Case ID: ad_233/html/0101-01.html
Source: Caselaw Access Project
Author: {"author": "Martin, J.", "license": "Public Domain", "url": "https://static.case.law/"}
Date Created: 2024-08-24T03:29:51.129683

Catherine McCabe, Respondent, v. Clarence Mackay, Appellant, Impleaded with Louis Mackay, Defendant.
    First Department,
    June 24, 1931.
    
      H. H. Brown of counsel [E. C. Sherwood, attorney], for the appellant.
    
      Milton Speiser of counsel [Joseph Speiser with him on the brief; Speiser & Speiser, attorneys], for the respondent.
   Martin, J.

This action was brought to recover damages for personal injuries alleged to have been sustained on September 21, 1923, while the plaintiff was descending a stairway in the office building of the defendant located at No. 20 Broad street, borough of Manhattan, city of New York.

At about noon on that day, the plaintiff, who was employed by a stock brokerage firm with offices on the ground floor of the defendant’s building, went upstairs to the lavatory situated between the first and second floors. While returning to the office, she says she descended the stairs slowly; that it was very dark; that she had hold of the handrail and thinking she had reached the foot of the stairs, though in fact she had another step to go, she lost her footing and fell, sustaining severe injuries.

There have been two trials of this action. On the first trial the court directed a verdict for the plaintiff for the sum of $1,000, which judgment was affirmed by this court (226 App. Div. 741). The Court of Appeals reversed the judgment and ordered a new trial (253 N. Y. 440) upon the ground that the plaintiff did not prove that the failure to supply a fight on the stairway in question was a breach of a statutory duty.

During the second trial of this action the parties stipulated that in lieu of taking testimony, the complete record which was before the Court of Appeals, including the testimony, exhibits and pleadings contained in the case on appeal, should be made the record in this case with the same force and effect as though the testimony was taken at the trial.

It was further stipulated upon the trial that the building in which .the accident occurred was erected prior to the enactment of section 159 of the Building Code of the City of New York. On the former appeal the Court of Appeals held that there could be no breach of a statutory duty to fight the stairway in question if the construction of the building antedated the enactment of the ordinance. Section 151 of the Building Code also provides that section 159 has no application to buildings constructed prior to its enactment.

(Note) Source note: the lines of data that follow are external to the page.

-- ===== src/SubscriptionPipeline/Queue.antt =====
-- The invariant of the queue of subscription_pipeline.rs under `enqueue`.
use egress_apikey.Prelude.{
  ℕ, suc, ◌≤◌, ◌<◌, ◌≡◌, refl, sym, ap, ◌∙◌, Bool, true, false, String, [], ◌∷◌, ◌++◌, length,
  count, All, All-append, length-append, count-append, leb, if◌then◌else◌, if_elim, arith,
  Bool-cases, inl, inr, eq_iff, leb→le, leb→lt,
}
use egress_apikey.SubscriptionPipeline.{
  QueueEntry, Queue, max_attempts, max_queue, EstablishEvent, enqueue, fresh, remove_first, named,
}

-- Parked exactly when the attempts are spent, and never beyond.
abbrev pub IsSane : QueueEntry → Type 0
IsSane e = (e.failed ≡ leb max_attempts e.attempts) × (e.attempts ≤ max_attempts)

abbrev pub IsQueue : Queue → Type 0
IsQueue q = ((name : String) → count (named name) q ≤ 1) × (length q ≤ max_queue) × All IsSane q

count-remove_first :
    (p : QueueEntry → Bool) (name : String) (q : Queue) → count p (remove_first name q) ≤ count p q
unfolding remove_first
count-remove_first p name [] = omega arith
count-remove_first p name (e ∷ q) = ground (arith, count-remove_first p name q)

length-remove_first : (name : String) (q : Queue) → length (remove_first name q) ≤ length q
unfolding remove_first
length-remove_first name [] = omega arith
length-remove_first name (e ∷ q) = ground (arith, length-remove_first name q)

count-remove_same :
    (name : String) (q : Queue)
    → count (named name) q ≤ 1
    → count (named name) (remove_first name q) ≡ 0
unfolding remove_first
count-remove_same name [] h = refl
count-remove_same name (e ∷ q) h = ground (arith, count-remove_same name q)

All-remove_first : (name : String) (q : Queue) → All IsSane q → All IsSane (remove_first name q)
unfolding remove_first
All-remove_first name [] h = tt
All-remove_first name (e ∷ q) h =
    if_elim (All IsSane) (named name e) (λ _. h.1) (λ _. (h.0, All-remove_first name q h.1))

count-push :
    (name : String) (q : Queue) (e : QueueEntry)
    → count (named name) q ≤ 1
    → count (named e.subscription) q ≡ 0
    → count (named name) (q ++ e ∷ []) ≤ 1
count-push name q e h k = elim (Bool-cases (named name e)) [
  | inl same ↦
      let none_left =
        ap {B = ℕ} (λ n. count (named n) q) (sym ((eq_iff e.subscription name).0 same)) ∙ k in
      let one = ap {B = ℕ} (λ b. if b then 1 else 0) same in
      omega (arith, count-append (named name) q (e ∷ []), none_left, one)
  | inr differ ↦
      let zero_more = ap {B = ℕ} (λ b. if b then 1 else 0) differ in
      omega (arith, count-append (named name) q (e ∷ []), zero_more)
]

-- A sane entry of a new name may be pushed on a queue that is not full.
pub push-IsQueue :
    (q : Queue) (e : QueueEntry)
    → IsQueue q
    → count (named e.subscription) q ≡ 0
    → length q < max_queue
    → IsSane e
    → IsQueue (q ++ e ∷ [])
push-IsQueue q e (unique, bound, sane) k free h = (
  λ name. count-push name q e (unique name) k,
  omega (arith, length-append q (e ∷ [])),
  All-append IsSane q (e ∷ []) sane (h, tt),
)

remove_first-IsQueue : (name : String) (q : Queue) → IsQueue q → IsQueue (remove_first name q)
remove_first-IsQueue name q (unique, bound, sane) = (
  λ n. omega (arith, count-remove_first (named n) name q, unique n),
  omega (arith, length-remove_first name q, bound),
  All-remove_first name q sane,
)

-- Enqueueing keeps the queue: at most one entry to a name, at most 64 entries, each parked exactly
-- when its five attempts are spent.
pub enqueue-IsQueue : (event : EstablishEvent) (q : Queue) → IsQueue q → IsQueue (enqueue event q).1
unfolding enqueue
enqueue-IsQueue event q h =
    let rest = remove_first-IsQueue event.subscription q h in
    if_elim (λ (r : Bool × Queue). IsQueue r.1)
      (leb max_queue (length (remove_first event.subscription q))) (λ _. rest)
      (λ free.
        push-IsQueue (remove_first event.subscription q) (fresh event) rest
          (count-remove_same event.subscription q (h.0 event.subscription))
          (leb→lt max_queue (length (remove_first event.subscription q)) free) (refl, omega arith))

pub remove_first-absent :
    (name : String) (q : Queue) → count (named name) q ≡ 0 → remove_first name q ≡ q
unfolding remove_first
remove_first-absent name [] h = refl
remove_first-absent name (e ∷ q) h = ground (arith, remove_first-absent name q)

length-remove_present :
    (name : String) (q : Queue)
    → 1 ≤ count (named name) q
    → suc (length (remove_first name q)) ≡ length q
unfolding remove_first
length-remove_present name [] h = absurd (omega arith)
length-remove_present name (e ∷ q) h = ground (arith, length-remove_present name q)

refused :
    (b : Bool) (q r : Queue)
    → (if◌then◌else◌ {A = Bool × Queue} b (false, q) (true, r)).0 ≡ false
    → b ≡ true
refused true q r h = refl
refused false q r h = cc

absent_count : (n a b l : ℕ) → (1 ≤ n → suc a ≡ l) → b ≤ a → l ≤ b → n ≡ 0
absent_count n a b l h k j = ground arith

-- A refused event leaves the queue as it was, and only a full queue with no entry of that name
-- refuses.
pub enqueue-refused :
    (event : EstablishEvent) (q : Queue)
    → IsQueue q
    → (enqueue event q).0 ≡ false
    → ((enqueue event q).1 ≡ q) × (length q ≡ max_queue) × (count (named event.subscription) q ≡ 0)
unfolding enqueue
enqueue-refused event q (unique, bound, sane) h =
    let name = event.subscription in
    let full = refused (leb max_queue (length (remove_first name q))) _ _ h in
    let enough = leb→le max_queue (length (remove_first name q)) full in
    let absent =
      absent_count (count (named name) q) (length (remove_first name q)) max_queue (length q)
        (length-remove_present name q) enough bound in
    let same = remove_first-absent name q absent in
    (rw full same, omega (arith, bound, enough, length-remove_first name q), absent)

The following quotation from the opinion of the Court of Appeals, when this case was there on appeal, will be found in 253 New York, 440, and removes all doubt about the question: “At common law, an owner of a building does not owe a duty to his tenants to provide the common ways with artificial fight, in the absence of defective conditions, or conditions of peculiar danger, that may call for special warning (Hilsenbeck v. Guhring, 131 N. Y. 674; Sheehan v. East 98th Street Corp., 242 N. Y. 262). No such conditions are shown to have been present here. If the plaintiff is to prevail, the omission to provide a fight must be found to have been a breach of a statutory duty.”

Despite the decision of the Court of Appeals and the stipulation entered into upon the trial, the court again directed a verdict in favor of the plaintiff for the sum of $1,000.

The judgment should, therefore, be reversed, with costs, and the complaint dismissed, with costs.

Finch, P. J., Merrell, McAvoy and Sherman, JJ., concur.

Judgment reversed, with costs, and complaint dismissed, with costs.